Could you show all lines in the entries below that contain the string "none"?

Dataset START

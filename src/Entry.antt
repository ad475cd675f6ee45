-- ===== src/Entry.antt =====
-- src/user/unified_trace.c, output_chrome_tracing_json: the text of one entry of each kind, and the row of a CUDA event.
use local_ai_perf_analysis.Prelude.{
  ℕ, ℤ, [], ◌++◌, ◌+◌, ◌*◌, ◌/◌, ◌%◌, ◌^◌, Bytes, codes, ◌==◌, ◌!=◌, ◌&&◌, ◌||◌, leb, if◌then◌else◌,
  nonneg, u32_mod, bit_and, bit_xor,
}
use local_ai_perf_analysis.Events.{
  CpuSchedEvent, CudaEvent, op_code, malloc, free, memcpy, memcpy_async, cuda_ev_flag_async,
}
use local_ai_perf_analysis.Printf.{FloatPrint, show_dec, show_hex, show_int}
use local_ai_perf_analysis.Stacks.{Tool, emit_stack_json}
use local_ai_perf_analysis.CudaOps.{cuda_op_name, cuda_op_category}

-- The low byte of the two halves of the stream's handle, mixed; 0 is kept for the default stream.
unfoldable pub stream_offset : ℕ → ℕ
stream_offset s =
    if s == 0
    then 0
    else let mixed = bit_xor s (s / 2 ^ 32) % 2 ^ 8 in if mixed == 0 then 1 else mixed

unfoldable pub gpu_virtual_tid : CudaEvent → ℕ
unfolding stream_offset
gpu_virtual_tid g = (g.tid + 1000000 + stream_offset g.stream_id) % u32_mod

module _ (P : FloatPrint) (t : Tool) where
  open P use {fixed3, fixed2}

  unfoldable pub stack_part : ℤ → ℕ → Bytes
  stack_part stack_id pid =
      if nonneg stack_id then codes ", \"stack\": " ++ emit_stack_json t stack_id pid else []

  unfoldable pub on_entry : ℕ → CpuSchedEvent → Bytes
  unfolding stack_part
  on_entry ts e =
      codes "    {\"name\": \"On-CPU\", \"cat\": \"cpu\", \"ph\": \"B\", \"ts\": "
      ++ (fixed3 ts
          ++ (codes ", \"pid\": "
              ++ (show_dec e.pid
                  ++ (codes ", \"tid\": "
                      ++ (show_dec e.tid
                          ++ (codes ", \"args\": {\"cpu\": "
                              ++ (show_dec e.cpu
                                  ++ (codes ", \"comm\": \""
                                      ++ (e.comm
                                          ++ (codes "\""
                                              ++ (stack_part e.stack_id e.pid
                                                  ++ codes "}}")))))))))))

  unfoldable pub off_entry : ℕ → ℕ → CpuSchedEvent → Bytes
  off_entry ts dur e =
      codes "    {\"name\": \"On-CPU\", \"cat\": \"cpu\", \"ph\": \"E\", \"ts\": "
      ++ (fixed3 ts
          ++ (codes ", \"pid\": "
              ++ (show_dec e.pid
                  ++ (codes ", \"tid\": "
                      ++ (show_dec e.tid
                          ++ (codes ", \"args\": {\"duration_us\": "
                              ++ (fixed3 dur
                                  ++ (codes ", \"state\": "
                                      ++ (show_dec e.prev_state ++ codes "}}")))))))))

  unfoldable pub wakeup_entry : ℕ → CpuSchedEvent → Bytes
  wakeup_entry ts e =
      codes "    {\"name\": \"Wakeup\", \"cat\": \"cpu\", \"ph\": \"i\", \"ts\": "
      ++ (fixed3 ts
          ++ (codes ", \"pid\": "
              ++ (show_dec e.pid
                  ++ (codes ", \"tid\": " ++ (show_dec e.tid ++ codes ", \"s\": \"t\"}")))))

  -- The readable size: GB, MB, KB or bytes.
  unfoldable pub size_text : ℕ → Bytes
  size_text size =
      if leb (1024 * 1024 * 1024) size
      then fixed2 size (1024 * 1024 * 1024) ++ codes " GB"
      else if leb (1024 * 1024) size
      then fixed2 size (1024 * 1024) ++ codes " MB"
      else if leb 1024 size
      then fixed2 size 1024 ++ codes " KB"
      else show_dec size ++ codes " B"

  unfoldable pub size_part : CudaEvent → Bytes
  unfolding size_text
  size_part g =
      if g.op_type == op_code malloc
        || (g.op_type == op_code memcpy || g.op_type == op_code memcpy_async)
      then codes ", \"size_bytes\": "
        ++ (show_dec g.size ++ (codes ", \"size\": \"" ++ (size_text g.size ++ codes "\"")))
      else []

  unfoldable pub gpu_entry : ℕ → CudaEvent → Bytes
  unfolding size_part stack_part gpu_virtual_tid cuda_op_name cuda_op_category
  gpu_entry ts g =
      codes "    {\"name\": \""
      ++ (cuda_op_name g.op_type
          ++ (codes "\", \"cat\": \""
              ++ (cuda_op_category g.op_type
                  ++ (codes "\", \"ph\": \"X\", \"ts\": "
                      ++ (fixed3 ts
                          ++ (codes ", \"dur\": "
                              ++ (fixed3 g.duration_ns
                                  ++ (codes ", \"pid\": "
                                      ++ (show_dec g.pid
                                          ++ (codes ", \"tid\": "
                                              ++ (show_dec (gpu_virtual_tid g)
                                                  ++ (codes ", \"args\": {\"ret\": "
                                                      ++ (show_int g.ret_val
                                                          ++ (codes ", \"comm\": \""
                                                            ++ (g.comm
                                                            ++ (codes "\""
                                                            ++ ((if g.stream_id == 0
                                                            then []
                                                            else codes ", \"stream_id\": \"0x"
                                                            ++ (show_hex g.stream_id ++ codes "\""))
                                                            ++ ((if bit_and g.flags
                                                            cuda_ev_flag_async
                                                            == 0
                                                            then []
                                                            else codes ", \"async\": true")
                                                            ++ (size_part g
                                                            ++ ((if g.op_type == op_code free
                                                            && g.ptr != 0
                                                            then codes ", \"ptr\": \"0x"
                                                            ++ (show_hex g.ptr ++ codes "\"")
                                                            else [])
                                                            ++ (stack_part g.stack_id g.pid
                                                            ++ codes "}}")))))))))))))))))))))
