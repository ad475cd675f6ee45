-- ===== src/Chrome.antt =====
-- src/user/unified_trace.c: output_chrome_tracing_json. Each fprintf
-- is the text that it appends; the state that the loop keeps is the record `Writer`.
pub mod Entries
pub mod Valid
pub mod Durations
pub mod Timeline
pub mod Balance
pub mod Rows
pub mod Injection
pub mod Written
use local_ai_perf_analysis.Prelude.{
  ℕ, ◌-◌, Bool, true, false, List, [], ◌∷◌, ◌++◌, ◌+◌, ◌%◌, Option, none, some, Bytes, codes, ◌==◌,
  ◌!=◌, ◌&&◌, ltb, if◌then◌else◌, sub64, u32_mod, u64_mod,
}
use local_ai_perf_analysis.Events.{CpuSchedEvent, sched_code, sched_on, sched_off, sched_wakeup}
use local_ai_perf_analysis.Collector.{UnifiedEvent, cpu, gpu, timestamp, min_timestamp_from}
use local_ai_perf_analysis.Printf.{FloatPrint, show_dec}
use local_ai_perf_analysis.Entry.{on_entry, off_entry, wakeup_entry, gpu_entry}
use local_ai_perf_analysis.Stacks.{Tool}

-- The variables of the loop: the time at which each thread was last switched on (0 for none), the
-- number of written entries, and whether the thread names are written.
pub record Writer : Type 0 where
  pub cpu_on_time : ℕ → ℕ
  pub output_count : ℕ
  pub thread_name_written : Bool

abbrev pub fresh_writer : Writer
fresh_writer = record { cpu_on_time = λ tid. 0; output_count = 0; thread_name_written = false }

-- The length of `cpu_on_time`.
abbrev pub on_time_len : ℕ
on_time_len = 10000000

abbrev pub set_on_time : (ℕ → ℕ) → ℕ → ℕ → ℕ → ℕ
set_on_time f tid v i = if i == tid then v else f i

-- `if (output_count > 0) fprintf(f, ",\n");`
abbrev pub comma_line : ℕ → Bytes
comma_line count = if ltb 0 count then codes ",\n" else []

-- The two entries of metadata in front of the first CPU event. `seen_tid + 1000000` is a __u32.
unfoldable pub thread_names : CpuSchedEvent → Bytes
thread_names e =
    codes "    {\"name\": \"thread_name\", \"ph\": \"M\", \"pid\": "
    ++ (show_dec e.pid
        ++ (codes ", \"tid\": "
            ++ (show_dec e.tid
                ++ (codes ", \"args\": {\"name\": \"CPU ["
                    ++ (e.comm
                        ++ (codes "]\"}},\n    {\"name\": \"thread_name\", \"ph\": \"M\", \"pid\": "
                            ++ (show_dec e.pid
                                ++ (codes ", \"tid\": "
                                    ++ (show_dec ((e.tid + 1000000) % u32_mod)
                                        ++ codes ", \"args\": {\"name\": \"GPU (CUDA)\"}}")))))))))

unfoldable pub write_names : CpuSchedEvent → Writer → Bytes × Writer
unfolding thread_names
write_names e w = if w.thread_name_written then ([], w) else (
  comma_line w.output_count ++ thread_names e,
  record w { output_count = w.output_count + 2; thread_name_written = true },
)

module _ (P : FloatPrint) (t : Tool) where
  -- The branches of the loop's body for a CPU event. What is written comes with the next state.
  unfoldable pub write_cpu : ℕ → CpuSchedEvent → Writer → Bytes × Writer
  unfolding on_entry off_entry wakeup_entry
  write_cpu ts e w =
      let counted : Writer = record w { output_count = w.output_count + 1 } in
      if e.event_type == sched_code sched_on
      then (
        comma_line w.output_count ++ on_entry P t ts e,
        record counted {
          cpu_on_time =
              if ltb e.tid on_time_len
              then set_on_time w.cpu_on_time e.tid e.timestamp
              else w.cpu_on_time;
        },
      )
      else if e.event_type == sched_code sched_off
      then (if ltb e.tid on_time_len && w.cpu_on_time e.tid != 0
          then (
            comma_line w.output_count
                ++ off_entry P t ts (sub64 e.timestamp (w.cpu_on_time e.tid)) e,
            record counted { cpu_on_time = set_on_time w.cpu_on_time e.tid 0 },
          )
          else ([], w))
      else if e.event_type == sched_code sched_wakeup
      then (comma_line w.output_count ++ wakeup_entry P t ts e, counted)
      else ([], w)

  -- One round of the loop; `base` is the smallest timestamp.
  unfoldable pub write_event : ℕ → UnifiedEvent → Writer → Bytes × Writer
  unfolding write_names write_cpu gpu_entry
  write_event base (cpu e) w =
      let named = write_names e w in
      let written = write_cpu (sub64 e.timestamp base) e named.1 in
      (named.0 ++ written.0, written.1)
  write_event base (gpu g) w = (
    comma_line w.output_count ++ gpu_entry P t (sub64 g.timestamp base) g,
    record w { output_count = w.output_count + 1 },
  )

  unfoldable pub write_events : ℕ → List UnifiedEvent → Writer → Bytes
  unfolding write_event
  write_events base [] w = []
  write_events base (e ∷ l) w = let r = write_event base e w in r.0 ++ write_events base l r.1

  -- The file: `none` if it cannot be opened, and only its head if the table cannot be allocated.
  unfoldable pub output_chrome_tracing_json : Bool → Bool → List UnifiedEvent → ℕ → Option Bytes
  unfolding write_events
  output_chrome_tracing_json opens allocates events event_count =
      let head = codes "{\n  \"traceEvents\": [\n" in
      if opens
      then some (
          if allocates
          then head
            ++ (write_events (min_timestamp_from (u64_mod - 1) events) events fresh_writer
                ++ (codes
                      "\n  ],\n  \"displayTimeUnit\": \"ms\",\n  \"metadata\": {\n    \"event_count\": "
                    ++ (show_dec event_count
                        ++ codes ",\n    \"tool\": \"ebpf-unified-trace\"\n  }\n}\n")))
          else head)
      else none
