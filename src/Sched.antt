-- ===== src/Sched.antt =====
-- src/bpf/trace_cpu_sched.bpf.c: the handlers of the tracepoints sched_switch and sched_wakeup.
-- The ring buffer is the list of the submitted events, oldest first. What the kernel answers during
-- one call is a record: a clock value and the outcome of the reservation for each event.
pub mod Alternation
use local_ai_perf_analysis.Prelude.{
  ℕ, ℤ, negsuc, Bool, List, [], ◌∷◌, ◌++◌, ◌&&◌, Bytes, ◌==◌, ◌!=◌, if◌then◌else◌,
}
use local_ai_perf_analysis.Events.{CpuSchedEvent, sched_code, sched_on, sched_off, sched_wakeup}

-- struct sched_switch_args, with each pid as the __u32 that it is read into.
pub record SchedSwitchArgs : Type 0 where
  pub prev_comm : Bytes
  pub prev_pid : ℕ
  pub prev_state : ℕ
  pub next_comm : Bytes
  pub next_pid : ℕ

-- struct sched_wakeup_args, the fields that the handler reads.
pub record SchedWakeupArgs : Type 0 where
  pub comm : Bytes
  pub pid : ℕ

pub record Answers : Type 0 where
  pub processor : ℕ
  pub stackid : ℤ
  pub first_ktime : ℕ
  pub first_room : Bool
  pub second_ktime : ℕ
  pub second_room : Bool

abbrev pub CpuEvents : Type 0
CpuEvents = List CpuSchedEvent

-- Reserve and submit.
abbrev pub submit : Bool → CpuSchedEvent → CpuEvents → CpuEvents
submit room event ring = if room then ring ++ event ∷ [] else ring

-- The thread that is switched off the CPU; no stack for OFF events.
abbrev pub off_event : SchedSwitchArgs → Answers → ℕ → CpuSchedEvent
off_event ctx an ktime = record {
  timestamp = ktime;
  event_type = sched_code sched_off;
  pid = ctx.prev_pid;
  tid = ctx.prev_pid;
  cpu = an.processor;
  prev_state = ctx.prev_state;
  stack_id = negsuc 0;
  comm = ctx.prev_comm;
}

-- The thread that is switched on, with the stack that bpf_get_stackid finds.
abbrev pub on_event : SchedSwitchArgs → Answers → ℕ → CpuSchedEvent
on_event ctx an ktime = record {
  timestamp = ktime;
  event_type = sched_code sched_on;
  pid = ctx.next_pid;
  tid = ctx.next_pid;
  cpu = an.processor;
  prev_state = 0;
  stack_id = an.stackid;
  comm = ctx.next_comm;
}

abbrev pub wakeup_event : SchedWakeupArgs → Answers → CpuSchedEvent
wakeup_event ctx an = record {
  timestamp = an.first_ktime;
  event_type = sched_code sched_wakeup;
  pid = ctx.pid;
  tid = ctx.pid;
  cpu = an.processor;
  prev_state = 0;
  stack_id = negsuc 0;
  comm = ctx.comm;
}

unfoldable pub trace_sched_switch : ℕ → SchedSwitchArgs → Answers → CpuEvents → CpuEvents
trace_sched_switch target_pid ctx an ring =
    if target_pid != 0 && (ctx.prev_pid != target_pid && ctx.next_pid != target_pid)
    then ring
    else if target_pid != 0
    then (if ctx.prev_pid == target_pid
        then submit an.first_room (off_event ctx an an.first_ktime) ring
        else if ctx.next_pid == target_pid
        then submit an.first_room (on_event ctx an an.first_ktime) ring
        else ring)
    else submit an.second_room (on_event ctx an an.second_ktime)
        (submit an.first_room (off_event ctx an an.first_ktime) ring)

unfoldable pub trace_sched_wakeup : ℕ → SchedWakeupArgs → Answers → CpuEvents → CpuEvents
trace_sched_wakeup target_pid ctx an ring =
    if target_pid != 0 && ctx.pid != target_pid
    then ring
    else submit an.first_room (wakeup_event ctx an) ring

-- What reaches the handlers.
pub data SchedStep : Type 0 where
  switch : SchedSwitchArgs → Answers → SchedStep
  wakeup : SchedWakeupArgs → Answers → SchedStep

unfoldable pub sched_step : ℕ → SchedStep → CpuEvents → CpuEvents
unfolding trace_sched_switch trace_sched_wakeup
sched_step target_pid (switch ctx an) = trace_sched_switch target_pid ctx an
sched_step target_pid (wakeup ctx an) = trace_sched_wakeup target_pid ctx an

unfoldable pub sched_run : ℕ → List SchedStep → CpuEvents → CpuEvents
sched_run target_pid [] ring = ring
sched_run target_pid (s ∷ l) ring = sched_run target_pid l (sched_step target_pid s ring)
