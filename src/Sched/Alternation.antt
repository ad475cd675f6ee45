-- ===== src/Sched/Alternation.antt =====
-- src/bpf/trace_cpu_sched.bpf.c against the scheduler: the events of a thread and its state.
use local_ai_perf_analysis.Prelude.{
  ℕ, Bool, true, false, not, List, [], ◌∷◌, ◌++◌, ◌≡◌, ◌≢◌, ◌⊎◌, refl, sym, arith, ◌==◌, ◌!=◌,
  if◌then◌else◌, All, All-append, append_assoc, append-nil, ◌&&◌,
}
use local_ai_perf_analysis.Events.{CpuSchedEvent, sched_code, sched_on, sched_off, sched_wakeup}
use local_ai_perf_analysis.Sched.{
  SchedSwitchArgs, SchedWakeupArgs, Answers, CpuEvents, SchedStep, switch, wakeup, sched_step,
  sched_run, off_event, on_event,
}

-- The histories in which the scheduler switches thread `t` off only while it runs and on only while
-- it does not; the index says whether it runs at the start. Wakeups may come at any time.
pub data Schedule (t : ℕ) : Bool → List SchedStep → Type 0 where
  over : (b : Bool) → Schedule t b []
  leaves :
      (ctx : SchedSwitchArgs) (an : Answers) {l : List SchedStep}
      → ctx.prev_pid ≡ t
      → ctx.next_pid ≢ t
      → Schedule t false l
      → Schedule t true (switch ctx an ∷ l)
  enters :
      (ctx : SchedSwitchArgs) (an : Answers) {l : List SchedStep}
      → ctx.prev_pid ≢ t
      → ctx.next_pid ≡ t
      → Schedule t true l
      → Schedule t false (switch ctx an ∷ l)
  others :
      (ctx : SchedSwitchArgs) (an : Answers) {b : Bool} {l : List SchedStep}
      → ctx.prev_pid ≢ t
      → ctx.next_pid ≢ t
      → Schedule t b l
      → Schedule t b (switch ctx an ∷ l)
  wakes :
      (ctx : SchedWakeupArgs) (an : Answers) {b : Bool} {l : List SchedStep}
      → Schedule t b l
      → Schedule t b (wakeup ctx an ∷ l)

-- No reservation fails.
abbrev pub HasRoom : SchedStep → Type 0
HasRoom (switch ctx an) = (an.first_room ≡ true) × (an.second_room ≡ true)
HasRoom (wakeup ctx an) = an.first_room ≡ true

-- Whether an event fits the state of thread `t`: OFF needs a running thread and ON one that does not
-- run. Events of other threads and wakeups fit any state.
abbrev pub event_fits : ℕ → Bool → CpuSchedEvent → Bool
event_fits t running e =
    if e.tid == t && e.event_type != sched_code sched_wakeup
    then e.event_type == (if running then sched_code sched_off else sched_code sched_on)
    else true

-- The state after the event.
abbrev pub state_after : ℕ → Bool → CpuSchedEvent → Bool
state_after t running e =
    if e.tid == t && e.event_type != sched_code sched_wakeup then not running else running

-- Whether each event fits the state that those before it leave.
abbrev pub all_fit : ℕ → Bool → CpuEvents → Bool
all_fit t running [] = true
all_fit t running (e ∷ es) = event_fits t running e && all_fit t (state_after t running e) es

-- The events that a step submits.
pub emitted : ℕ → SchedStep → CpuEvents
emitted target s = sched_step target s []

pub sched_step-append :
    (target : ℕ) (s : SchedStep) (ring : CpuEvents)
    → sched_step target s ring ≡ ring ++ emitted target s
unfolding sched_step emitted
sched_step-append target (switch ctx an) ring = ground (
  arith,
  append-nil ring,
  append_assoc ring (off_event ctx an an.first_ktime ∷ []) (on_event ctx an an.second_ktime ∷ []),
)
sched_step-append target (wakeup ctx an) ring = ground (arith, append-nil ring)

-- All that a history submits.
pub history : ℕ → List SchedStep → CpuEvents
history target [] = []
history target (s ∷ l) = emitted target s ++ history target l

pub sched_run-history :
    (target : ℕ) (l : List SchedStep) (ring : CpuEvents)
    → sched_run target l ring ≡ ring ++ history target l
unfolding sched_run history
sched_run-history target [] ring = sym (append-nil ring)
sched_run-history target (s ∷ l) ring =
    rw (sched_step-append target s ring, sched_run-history target l, append_assoc) refl

-- The tracer follows the thread.
abbrev pub Watches : ℕ → ℕ → Type 0
Watches target t = (target ≡ 0) ⊎ (target ≡ t)

all_fit-history :
    (target t : ℕ) {b : Bool} {l : List SchedStep}
    → Watches target t
    → Schedule t b l
    → All HasRoom l
    → all_fit t b (history target l) ≡ true
unfolding history emitted sched_step
all_fit-history target t w (over b) h = refl
all_fit-history target t w (leaves ctx an here there s) (room, h) =
    ground (arith, all_fit-history target t w s h)
all_fit-history target t w (enters ctx an here there s) (room, h) =
    ground (arith, all_fit-history target t w s h)
all_fit-history target t w (others ctx an here there s) (room, h) =
    ground (arith, all_fit-history target t w s h)
all_fit-history target t w (wakes ctx an s) (room, h) =
    ground (arith, all_fit-history target t w s h)

-- Under any legal scheduler history with no failed reservation, whether one thread is followed or all, the
-- events of a followed thread are OFF while it runs and ON while it does not, in turn.
pub sched_run-all_fit :
    (target t : ℕ) {b : Bool} {l : List SchedStep}
    → Watches target t
    → Schedule t b l
    → All HasRoom l
    → all_fit t b (sched_run target l []) ≡ true
sched_run-all_fit target t {l} w s h =
    rw (sched_run-history target l []) (all_fit-history target t w s h)

-- With a target, all events of a run are of that thread, whatever the ring buffer refuses.
pub sched_run-target :
    (target : ℕ) (l : List SchedStep)
    → target ≢ 0
    → All (λ e. e.tid ≡ target) (sched_run target l [])
unfolding history
sched_run-target target l h = rw (sched_run-history target l []) (go l)
  where
    one : (s : SchedStep) → All (λ e. e.tid ≡ target) (emitted target s)
    one (switch ctx an) = unfold emitted sched_step in ground arith
    one (wakeup ctx an) = unfold emitted sched_step in ground arith

    go : (l : List SchedStep) → All (λ e. e.tid ≡ target) (history target l)
    go [] = tt
    go (s ∷ l) = All-append _ (emitted target s) (history target l) (one s) (go l)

Dataset END

● **Solution**
  ℕ, ◌-◌, Bool, true, false, List, [], ◌∷◌, ◌++◌, ◌+◌, ◌%◌, Option, none, some, Bytes, codes, ◌==◌,
-- The variables of the loop: the time at which each thread was last switched on (0 for none), the
  -- The file: `none` if it cannot be opened, and only its head if the table cannot be allocated.
      else none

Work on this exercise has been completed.